This week I was poking around in the few remaining unknown territories of dsatnord.mp with the excellent Kaitai Struct Visualizer (ksv) again. I have known for quite some time now that the city database is followed by some strings that seem to be related to the development of that database, namely D:\Dsat\Dsat23\CityDlg.cpp and c:\temp\cityname.bin. When I showed my colleagues that part using ksv, it looked like this:

Kaitai Struct Visualizer showing an unknown part of dsatnord.mp

At the left we see the structure I have identified so far and right of it we see the hex values of the data and their ASCII counterpart (if it exists). The grey background highlights the so far uncharted part after the city database that starts with the mentioned strings.

While inspecting the hex values someone said “look, down there it continues with ‘BM’ – is there a bitmap?” Indeed, the abovementioned strings are followed by several null bytes and then we can see the byte sequence 0x42 0x4d or BM in ASCII. Having written a parser for Windows Bitmap files a couple of years ago and, more recently, Python code to write such files byte by byte, I also immediately recognized this as the format indicator for Windows Bitmap files. So let’s inspect this closer!

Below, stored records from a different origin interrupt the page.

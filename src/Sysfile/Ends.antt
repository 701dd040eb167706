-- ===== src/Sysfile/Ends.antt =====
-- pipealloc: both ends, or what it had taken is given back.
use systems_programming_a.Prelude.{
  ℕ, zero, suc, ◌<◌, ◌≡◌, ◌≢◌, ◌⊎◌, ◌∙◌, refl, sym, ap, ap₂, arith, none, Bool, true, false, not,
  List, ◌∷◌, ◌++◌, ◌==◌, replicate, inl, inr,
}
use systems_programming_a.Kalloc.{KernelMemory, allocate_page}
use systems_programming_a.Pipe.{Pipe}
use systems_programming_a.Files.{
  File, Files, closing, nothing_more, fd_none, fd_pipe, nfile, set_count, allocate_file, handles_of,
  IsCounted, IsCounted-allocate,
}
use systems_programming_a.Sysfile.Defs.{
  Opening, Opened, refused, opened, set_end, pipe_in, make_pipe, with_second, with_first,
  free_pipe_resources, pipealloc,
}
use systems_programming_a.Sysfile.Slots.{
  allocate_file-cases, close_file-last, IsCounted-emptied, close_ends-last,
}

-- The slots without references have no type.
abbrev pub IsFresh : Files → Type 0
IsFresh t = (i : ℕ) → (t i).reference_count ≡ 0 → (t i).file_type ≡ fd_none

-- The files with a handle are as they were.
abbrev pub Kept : List ℕ → Files → Files → Type 0
Kept hs t t' = (i : ℕ) → 0 < handles_of i hs → t' i ≡ t i

-- An end of the pipe at an address.
abbrev pub IsEnd : Bool → ℕ → File → Type 0
IsEnd is_writer p f =
    (f.file_type ≡ fd_pipe) × (f.readable ≡ not is_writer) × (f.writable ≡ is_writer) × (f.pipe ≡ p)

-- The call has no pipe, and what it closed had nothing behind it.
abbrev pub WithoutPipe : Opening → Opening → Type 0
WithoutPipe s s' =
    (s'.kernel ≡ s.kernel) × (n : ℕ) × (s'.closed ≡ replicate n nothing_more ++ s.closed)

-- What pipealloc leaves when it succeeds, with the slots of both ends and the pipe's address.
pub record HasEnds (s : Opening) (hs : List ℕ) (s' : Opening) (f g p : ℕ) : Type 0 where
  pub reader : (handles_of f hs ≡ 0) × (f < nfile) × IsEnd false p (s'.files f)
  pub writer : (handles_of g hs ≡ 0) × (g < nfile) × IsEnd true p (s'.files g)
  pub apart : f ≢ g
  pub counted : IsCounted s'.files (g ∷ f ∷ hs)
  pub kept : Kept hs s.files s'.files
  pub page : (allocate_page s.kernel ≡ (s'.kernel, p)) × (p ≢ 0)
  pub others : (s'.open_file ≡ s.open_file) × (s'.closed ≡ s.closed)

-- What it leaves when it fails.
abbrev pub IsUndone : Opening → List ℕ → Opening → Type 0
IsUndone s hs s' =
    IsCounted s'.files hs
    × Kept hs s.files s'.files
    × (s'.open_file ≡ s.open_file)
    × WithoutPipe s s'

-- One of both.
abbrev pub Allocates : Opening → List ℕ → Opened (ℕ × ℕ × Pipe) → Type 0
Allocates s hs o =
    ((s' : Opening) × (o ≡ refused s') × IsUndone s hs s')
    ⊎ ((s' : Opening) × (f : ℕ) × (g : ℕ) × (p : ℕ) × (o
          ≡ opened s' (f, g, pipe_in s'.kernel.memory p))
        × HasEnds s hs s' f g p)

-- The table with a slot taken, and with two.
taken-IsCounted :
    (t : Files) (hs : List ℕ) (f : ℕ)
    → IsCounted t hs
    → (t f).reference_count ≡ 0
    → (handles_of f hs ≡ 0) × IsCounted (set_count t f 1) (f ∷ hs)
taken-IsCounted t hs f h z = (sym (h f) ∙ z, IsCounted-allocate t hs f h z)

second-undone :
    (s : Opening) (hs : List ℕ) (f : ℕ)
    → IsCounted s.files hs
    → IsFresh s.files
    → (s.files f).reference_count ≡ 0
    → Allocates s hs
        (with_second f (record s { files = set_count s.files f 1 }) (set_count s.files f 1, none))
unfolding with_second free_pipe_resources handles_of
second-undone s hs f h r z =
    let t = set_count s.files f 1 in
    let (a, c) = taken-IsCounted s.files hs f h z in
    let one : (t f).reference_count ≡ 1 = ground arith in
    let kind : closing (t f) ≡ nothing_more = ground (arith, r f z) in
    inl (
      _,
      close_file-last f (record s { files = t }) refused one,
      (
        IsCounted-emptied t (f ∷ hs) hs f c a (λ j n. ground arith),
        λ i l. ground arith,
        refl,
        (refl, 1, ap (λ c. c ∷ s.closed) kind),
      ),
    )

abbrev both_taken : Files → ℕ → ℕ → Files
both_taken t f g = set_count (set_count t f 1) g 1

page-undone :
    (s : Opening) (hs : List ℕ) (f g : ℕ) (k : KernelMemory)
    → f ≢ g
    → handles_of f hs ≡ 0
    → handles_of g hs ≡ 0
    → IsFresh s.files
    → (s.files f).reference_count ≡ 0
    → (s.files g).reference_count ≡ 0
    → k ≡ s.kernel
    → IsCounted (both_taken s.files f g) (g ∷ f ∷ hs)
    → Allocates s hs (make_pipe f g (record s { files = both_taken s.files f g }) (k, 0))
unfolding make_pipe free_pipe_resources
page-undone s hs f g k n a b r zf zg e c =
    let t = both_taken s.files f g in
    let kf : closing (t f) ≡ nothing_more = ground (arith, r f zf) in
    let kg : closing (t g) ≡ nothing_more = ground (arith, r g zg) in
    let (x, y) = close_ends-last f g (record s { files = t; kernel = k }) hs n a b c in
    inl (_, x, (y, λ i l. ground arith, refl, (e, 2, ap₂ (λ c d. c ∷ d ∷ s.closed) kg kf)))

page-HasEnds :
    (s : Opening) (hs : List ℕ) (f g p : ℕ) (k : KernelMemory)
    → f ≢ g
    → (handles_of f hs ≡ 0) × (f < nfile)
    → (handles_of g hs ≡ 0) × (g < nfile)
    → p ≢ 0
    → allocate_page s.kernel ≡ (k, p)
    → IsCounted (both_taken s.files f g) (g ∷ f ∷ hs)
    → Allocates s hs (make_pipe f g (record s { files = both_taken s.files f g }) (k, p))
unfolding make_pipe set_end
page-HasEnds s hs f g p k n a b z e c =
    let q : (p == 0) ≡ false = ground arith in
    inr (
      record s {
        kernel = k;
        files = set_end true p g (set_end false p f (both_taken s.files f g));
      },
      f,
      g,
      p,
      rw q refl,
      record {
        reader = (a.0, a.1, ground arith);
        writer = (b.0, b.1, ground arith);
        apart = n;
        counted = λ j. ground (arith, c j);
        kept = λ i l. ground arith;
        page = (e, z);
        others = (refl, refl);
      },
    )

-- With both files, by the page.
page-cases :
    (s : Opening) (hs : List ℕ) (f g : ℕ)
    → IsFresh s.files
    → f ≢ g
    → (handles_of f hs ≡ 0) × (f < nfile)
    → (handles_of g hs ≡ 0) × (g < nfile)
    → (s.files f).reference_count ≡ 0
    → (s.files g).reference_count ≡ 0
    → IsCounted (both_taken s.files f g) (g ∷ f ∷ hs)
    → (r : KernelMemory × ℕ) → allocate_page s.kernel ≡ r
    → Allocates s hs (make_pipe f g (record s { files = both_taken s.files f g }) r)
unfolding allocate_page
page-cases s hs f g r n a b zf zg c (k, zero) e =
    page-undone s hs f g k n a.0 b.0 r zf zg (ground arith) c
page-cases s hs f g r n a b zf zg c (k, suc p) e =
    page-HasEnds s hs f g (suc p) k n a b (λ z. omega (arith, z)) e c

second-cases :
    (s : Opening) (hs : List ℕ) (f : ℕ)
    → IsCounted s.files hs
    → IsFresh s.files
    → (s.files f).reference_count ≡ 0
    → f < nfile
    → Allocates s hs (
        with_second f
          (record s { files = set_count s.files f 1 })
          (allocate_file (set_count s.files f 1)))
unfolding with_second handles_of
second-cases s hs f h r z l =
    let t = set_count s.files f 1 in
    let (a, c) = taken-IsCounted s.files hs f h z in
    elim (allocate_file-cases t) [
      | inl e ↦ rw e (second-undone s hs f h r z)
      | inr (g, e, zg, lg) ↦
          let n : f ≢ g = ground arith in
          let z' : (s.files g).reference_count ≡ 0 = ground arith in
          let (b, d) = taken-IsCounted t (f ∷ hs) g c zg in
          let b' : handles_of g hs ≡ 0 = ground arith in
          rw e (page-cases s hs f g r n (a, l) (b', lg) z z' d (allocate_page s.kernel) refl)
    ]

-- pipealloc
pub pipealloc_lem :
    (s : Opening) (hs : List ℕ)
    → IsCounted s.files hs
    → IsFresh s.files
    → Allocates s hs (pipealloc s)
unfolding pipealloc with_first free_pipe_resources
pipealloc_lem s hs h r = elim (allocate_file-cases s.files) [
  | inl e ↦ rw e (inl (s, refl, (h, λ i l. refl, refl, (refl, 0, refl))))
  | inr (f, e, z, l) ↦ rw e (second-cases s hs f h r z l)
]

And here the power of Kaitai Struct comes in, as its collection of file format definitions contains one for bitmap files. So I just grabbed the specification file and included it in a brief specification that basically skips the data up to the relevant part:

meta:
  id: unknown3_1
  endian: le
  imports:
    - bmp
seq:
  - id: skip
    size: 16 + 316004 + 754077 + 9056940 + 2538456 + (13394 * 64)
  - id: un3_1
    size: 980862
    type: un3
types:
  un3:
    seq:
      - id: strings
        size: 24*16
      - id: isthisabitmap
        type: bmp
        size: 10000

Opening ksv with ksv dsatnord.mp unknown3_1.ksy gave no warnings or error messages but instead showed this:

The part indeed seems to contain a bitmap image.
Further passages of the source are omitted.